# I am blown away by the quality and value of this Sugess hand-winding chrono



## WorthTheWrist (Jan 1, 2015)

This was part of a big (multi-watch) Taobao order that I put serious work into, mulling over it for weeks. I was intrigued the moment I saw these, and, upon arrival, it very much exceeds my expectations. Getting this for $142 plus shipping and Chinese purchasing agent fee feels like stealing. I've owned a lot of watches, and it looks and feels like a watch worth about five times that.

Sapphire crystal and Sea-Gull ST1901 movement.

















































The seller has these in an ivory-colored dial on brown leather as well. And a version with a moonphase (using the Sea-Gull ST1908 movement), also in both those colors. The moonphase ones are $171 (!) Here's a pic:









I only see them in one place: https://world.taobao.com/item/539791271960.htm


----------



## hanshananigan (Apr 8, 2012)

WorthTheWrist said:


> [Snip]
> The seller has these in an ivory-colored dial on brown leather as well. And a version with a moonphase (using the Sea-Gull ST1908 movement), also in both those colors. The moonphase ones are $171 (!) Here's a pic:
> 
> View attachment 11258138
> ...


Cool! Is the moonphase a true moonpbase or day/night?


----------



## WorthTheWrist (Jan 1, 2015)

hanshananigan said:


> Cool! Is the moonphase a true moonpbase or day/night?
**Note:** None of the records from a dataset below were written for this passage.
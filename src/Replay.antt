-- ===== src/Replay.antt =====
-- internal/replay/replay.go: the records of a session's observations.
use yet_another_memory_bank.Common.{
  ℕ, String, ◌||◌, not, none, some, List, [], ◌∷◌, if◌then◌else◌, str_eq, blank,
}
use yet_another_memory_bank.Common.Int.{ℤ}
use yet_another_memory_bank.Common.Json.{Value, string}
use yet_another_memory_bank.Common.Texts.{is_space, contains, take_runes}
use Prim.Native.String.{◌++◌ as append_text}
use yet_another_memory_bank.Codec.{Codec}
use yet_another_memory_bank.Secrets.{redact}
use yet_another_memory_bank.Store.Observations.{Observation}
use yet_another_memory_bank.Store.Text.{fields, join}

pub record ReplayRecord : Type 0 where
  pub id : String
  pub observation_id : ℕ
  pub timestamp : ℤ
  pub actor : String
  pub type : String
  pub tool : String
  pub payload_preview : String
  pub payload_detail : Value

unfoldable pub actor : String → String → String
actor kind tool =
    if str_eq kind "user_message"
    then "user"
    else if str_eq kind "assistant_message" || str_eq kind "summary"
    then "assistant"
    else if not (blank tool) || contains kind "tool"
    then "tool"
    else "system"

unfoldable pub preview : String → ℕ → String
unfolding take_runes
preview payload max_runes = take_runes max_runes (join (fields (λ c. not (is_space c)) payload))

-- json.Unmarshal, or the text itself where it is no JSON
abbrev pub parsed_or_text : Codec → List ℕ → Value
parsed_or_text c payload = elim (c.parse payload) [ none ↦ string (c.text payload) | some v ↦ v ]

unfoldable pub record_of : Codec → Observation → ReplayRecord
unfolding actor preview
record_of c obs =
    let payload = redact obs.payload_json in
    record {
      id = append_text "observation:" (c.decimal obs.id);
      observation_id = obs.id;
      timestamp = obs.ts;
      actor = actor obs.kind obs.tool;
      type = obs.kind;
      tool = obs.tool;
      payload_preview = preview (c.text payload) 240;
      payload_detail = parsed_or_text c payload;
    }

unfoldable pub records : Codec → List Observation → List ReplayRecord
unfolding record_of
records c [] = []
records c (o ∷ observations) = record_of c o ∷ records c observations
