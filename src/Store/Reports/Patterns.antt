-- ===== src/Store/Reports/Patterns.antt =====
-- `Patterns` of internal/store/phase2_helpers.go, with `scanCounts`, `filesInPayload`, `isFileKey` and
-- `listProjectObservationPayloads` of mcp_helpers.go. A map of counts is the list of its entries.
use Prim.Native.Char.{Char}
use yet_another_memory_bank.Common.{
  ◌>>=◌, ℕ, suc, String, Bool, ◌&&◌, ◌||◌, not, Option, none, some, List, [], ◌∷◌, ◌++◌,
  if◌then◌else◌, ◌==◌, ltb, str_eq, blank, take, rows_where, exists_where, Outcome, ok,
}
use yet_another_memory_bank.Common.Int.{ℤ, clamp_limit}
use yet_another_memory_bank.Common.Sort.{slice_stable}
use yet_another_memory_bank.Common.Texts.{to_lower, has_suffix}
use yet_another_memory_bank.Common.Json.{
  Value, Items, Members, null, boolean, integer, float, string, array, object, end, item, empty,
  member,
}
use yet_another_memory_bank.Store.Rows.{Db, ObservationRow}
use yet_another_memory_bank.Store.Sessions.{text_lt}
use yet_another_memory_bank.Store.Observations.{Zstd, decode_payload, later_observation}

abbrev pub Counts : Type 0
Counts = List (String × ℕ)

-- counts[key]++
unfoldable pub tally : String → Counts → Counts
tally key [] = (key, 1) ∷ []
tally key ((k, n) ∷ rest) = if str_eq k key then (k, suc n) ∷ rest else (k, n) ∷ tally key rest

unfoldable pub tally_all : List String → Counts → Counts
unfolding tally
tally_all [] counts = counts
tally_all (key ∷ keys) counts = tally_all keys (tally key counts)

-- ORDER BY COUNT(*) DESC, key ASC
abbrev pub counts_before : String × ℕ → String × ℕ → Bool
counts_before a b = if a.1 == b.1 then text_lt a.0 b.0 else ltb b.1 a.1

-- SELECT key, COUNT(*) … GROUP BY key ORDER BY COUNT(*) DESC, key ASC LIMIT ?
unfoldable pub scan_counts : List String → ℕ → Counts
unfolding tally_all
scan_counts keys limit = take limit (slice_stable counts_before (tally_all keys []))

abbrev pub column {ℓ} : {A : Type ℓ} → (A → String) → List A → List String
column f [] = []
column f (x ∷ xs) = f x ∷ column f xs

unfoldable pub decode_all : Zstd → List ObservationRow → Outcome (List (List ℕ))
decode_all z [] = ok []
decode_all z (r ∷ rows) = do
  decoded ← decode_payload z r.payload r.payload_encoding
  rest ← decode_all z rows
  ok (decoded ∷ rest)

unfoldable pub list_project_observation_payloads : Zstd → Db → String → ℕ → Outcome (List (List ℕ))
unfolding decode_all
list_project_observation_payloads z db project limit = decode_all z (
    take limit
      (slice_stable later_observation (rows_where (λ o. str_eq o.cwd project) db.observations)))

unfoldable pub is_file_key : (Char → Char) → String → Bool
is_file_key lower key =
    let k = to_lower lower key in
    str_eq k "file"
    || str_eq k "filepath"
    || str_eq k "path"
    || has_suffix k "_file"
    || has_suffix k "_path"

-- A file that the walk meets, if it was not seen.
unfoldable pub meet : (Char → Char) → String → Value → List String → List String
unfolding is_file_key
meet lower key (string s) files =
    if is_file_key lower key && (not (blank s) && not (exists_where (λ f. str_eq f s) files))
    then files ++ s ∷ []
    else files
meet lower key null files = files
meet lower key (boolean b) files = files
meet lower key (integer n) files = files
meet lower key (float x) files = files
meet lower key (array xs) files = files
meet lower key (object ms) files = files

-- `walk`: Go ranges over the members of an object in any order, and the files of a payload come in
-- another order then.
unfoldable mutual
  unfolding meet

  pub walk : (Char → Char) → Value → List String → List String
  walk lower (object ms) files = walk_members lower ms files
  walk lower (array xs) files = walk_items lower xs files
  walk lower null files = files
  walk lower (boolean b) files = files
  walk lower (integer n) files = files
  walk lower (float x) files = files
  walk lower (string s) files = files

  pub walk_items : (Char → Char) → Items → List String → List String
  walk_items lower end files = files
  walk_items lower (item v xs) files = walk_items lower xs (walk lower v files)

  pub walk_members : (Char → Char) → Members → List String → List String
  walk_members lower empty files = files
  walk_members lower (member k v ms) files =
      walk_members lower ms (walk lower v (meet lower k v files))

unfoldable pub files_in_payload : (Char → Char) → (List ℕ → Option Value) → List ℕ → List String
files_in_payload lower parse payload = elim (parse payload) [ none ↦ [] | some v ↦ walk lower v [] ]

unfoldable pub tally_files :
    (Char → Char) → (List ℕ → Option Value) → List (List ℕ) → Counts → Counts
tally_files lower parse [] counts = counts
tally_files lower parse (p ∷ payloads) counts =
    tally_files lower parse payloads (tally_all (files_in_payload lower parse p) counts)

pub record PatternResult : Type 0 where
  pub top_tools : Counts
  pub top_kinds : Counts
  pub files : Counts

-- the tools of the project's observations that have one
abbrev pub project_tools : Db → String → List String
project_tools db project =
    column (λ o. o.tool)
      (rows_where (λ o. str_eq o.cwd project && not (blank o.tool)) db.observations)

unfoldable pub patterns :
    Zstd → (Char → Char) → (List ℕ → Option Value) → Db → String → ℤ → Outcome PatternResult
patterns z lower parse db project limit =
    let n = clamp_limit limit 10 100 in
    do
      payloads ← list_project_observation_payloads z db project 500
      ok (record {
        top_tools = scan_counts (project_tools db project) n;
        top_kinds =
            scan_counts
              (column (λ o. o.kind) (rows_where (λ o. str_eq o.cwd project) db.observations)) n;
        files = tally_files lower parse payloads [];
      })
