-- ===== src/Store/Reports/Profiles.antt =====
-- `ProjectProfile`, `ProjectProfiles` and `Status` of internal/store/mcp_helpers.go.
use Prim.Native.Char.{Char}
use yet_another_memory_bank.Common.{
  ◌>>=◌, ℕ, String, ◌&&◌, Option, List, [], ◌∷◌, str_eq, length, rows_where, count_where, Outcome,
  ok,
}
use yet_another_memory_bank.Common.Json.{Value}
use yet_another_memory_bank.Common.Sort.{slice_stable}
use yet_another_memory_bank.Store.Rows.{Db, MemoryRow}
use yet_another_memory_bank.Store.Sessions.{text_lt}
use yet_another_memory_bank.Store.Observations.{Zstd}
use yet_another_memory_bank.Store.Memories.{is_active}
use yet_another_memory_bank.Store.Reports.Patterns.{
  Counts, column, tally_all, scan_counts, project_tools, list_project_observation_payloads,
  tally_files,
}

pub record ProjectProfile : Type 0 where
  pub project : String
  pub memory_count : ℕ
  pub session_count : ℕ
  pub observation_count : ℕ
  pub top_tiers : Counts
  pub top_tools : Counts
  pub files_touched : Counts

abbrev pub active_memories : Db → String → List MemoryRow
active_memories db project = rows_where (λ m. str_eq m.project project && is_active m) db.memories

module _ (z : Zstd) (lower : Char → Char) (parse : List ℕ → Option Value) (db : Db) where
  unfoldable pub project_profile : String → Outcome ProjectProfile
  project_profile project = do
    payloads ← list_project_observation_payloads z db project 200
    ok (record {
      project = project;
      memory_count = length (active_memories db project);
      session_count = count_where (λ s. str_eq s.project project) db.sessions;
      observation_count = count_where (λ o. str_eq o.cwd project) db.observations;
      top_tiers = scan_counts (column (λ m. m.tier) (active_memories db project)) 10;
      top_tools = scan_counts (project_tools db project) 10;
      files_touched = tally_files lower parse payloads [];
    })

  unfoldable pub profiles_of : List String → Outcome (List ProjectProfile)
  profiles_of [] = ok []
  profiles_of (p ∷ projects) = do
    profile ← project_profile p
    rest ← profiles_of projects
    ok (profile ∷ rest)

  -- GROUP BY project ORDER BY project ASC
  unfoldable pub project_profiles : Outcome (List ProjectProfile)
  unfolding profiles_of
  project_profiles = profiles_of (
      column (λ g. g.0)
        (slice_stable (λ a b. text_lt a.0 b.0)
          (tally_all (column (λ m. m.project) (rows_where is_active db.memories)) [])))

pub record StatusCounts : Type 0 where
  pub memory_count : ℕ
  pub session_count : ℕ
  pub observation_count : ℕ

unfoldable pub status : Db → StatusCounts
status db = record {
  memory_count = count_where is_active db.memories;
  session_count = length db.sessions;
  observation_count = length db.observations;
}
Based on the movement, it's a true moonphase.


----------



## Chamo22 (Mar 4, 2016)

WorthTheWrist said:


> Based on the movement, it's a true moonphase.


That seems very cheap for a moonphase.


----------



## WorthTheWrist (Jan 1, 2015)

Chamo22 said:


> That seems very cheap for a moonphase.


You're welcome.


----------



## brysterman (Mar 6, 2017)

For someone unfamiliar with the whole Chinese purchasing agent side of things (and for who the TaoBao verification isn't working), have you found any other way to get your hands on one of these? Particularly the Ivory moonphase...


----------



## ninzeo (Jun 7, 2011)

Great sugess!


----------



## Anjunafan (Oct 26, 2011)

brysterman said:


> For someone unfamiliar with the whole Chinese purchasing agent side of things (and for who the TaoBao verification isn't working), have you found any other way to get your hands on one of these? Particularly the Ivory moonphase...


.


----------



## hanshananigan (Apr 8, 2012)

WorthTheWrist said:


> Based on the movement, it's a true moonphase.


Awesome! Great price.

I can't find this info... is the st1908 a 59 or 135-tooth gear on the moonphase drive? The difference is one day inaccuracy every 2 years vs. 122 years.


----------



## Chirv (Aug 13, 2016)

brysterman said:


> For someone unfamiliar with the whole Chinese purchasing agent side of things (and for who the TaoBao verification isn't working), have you found any other way to get your hands on one of these? Particularly the Ivory moonphase...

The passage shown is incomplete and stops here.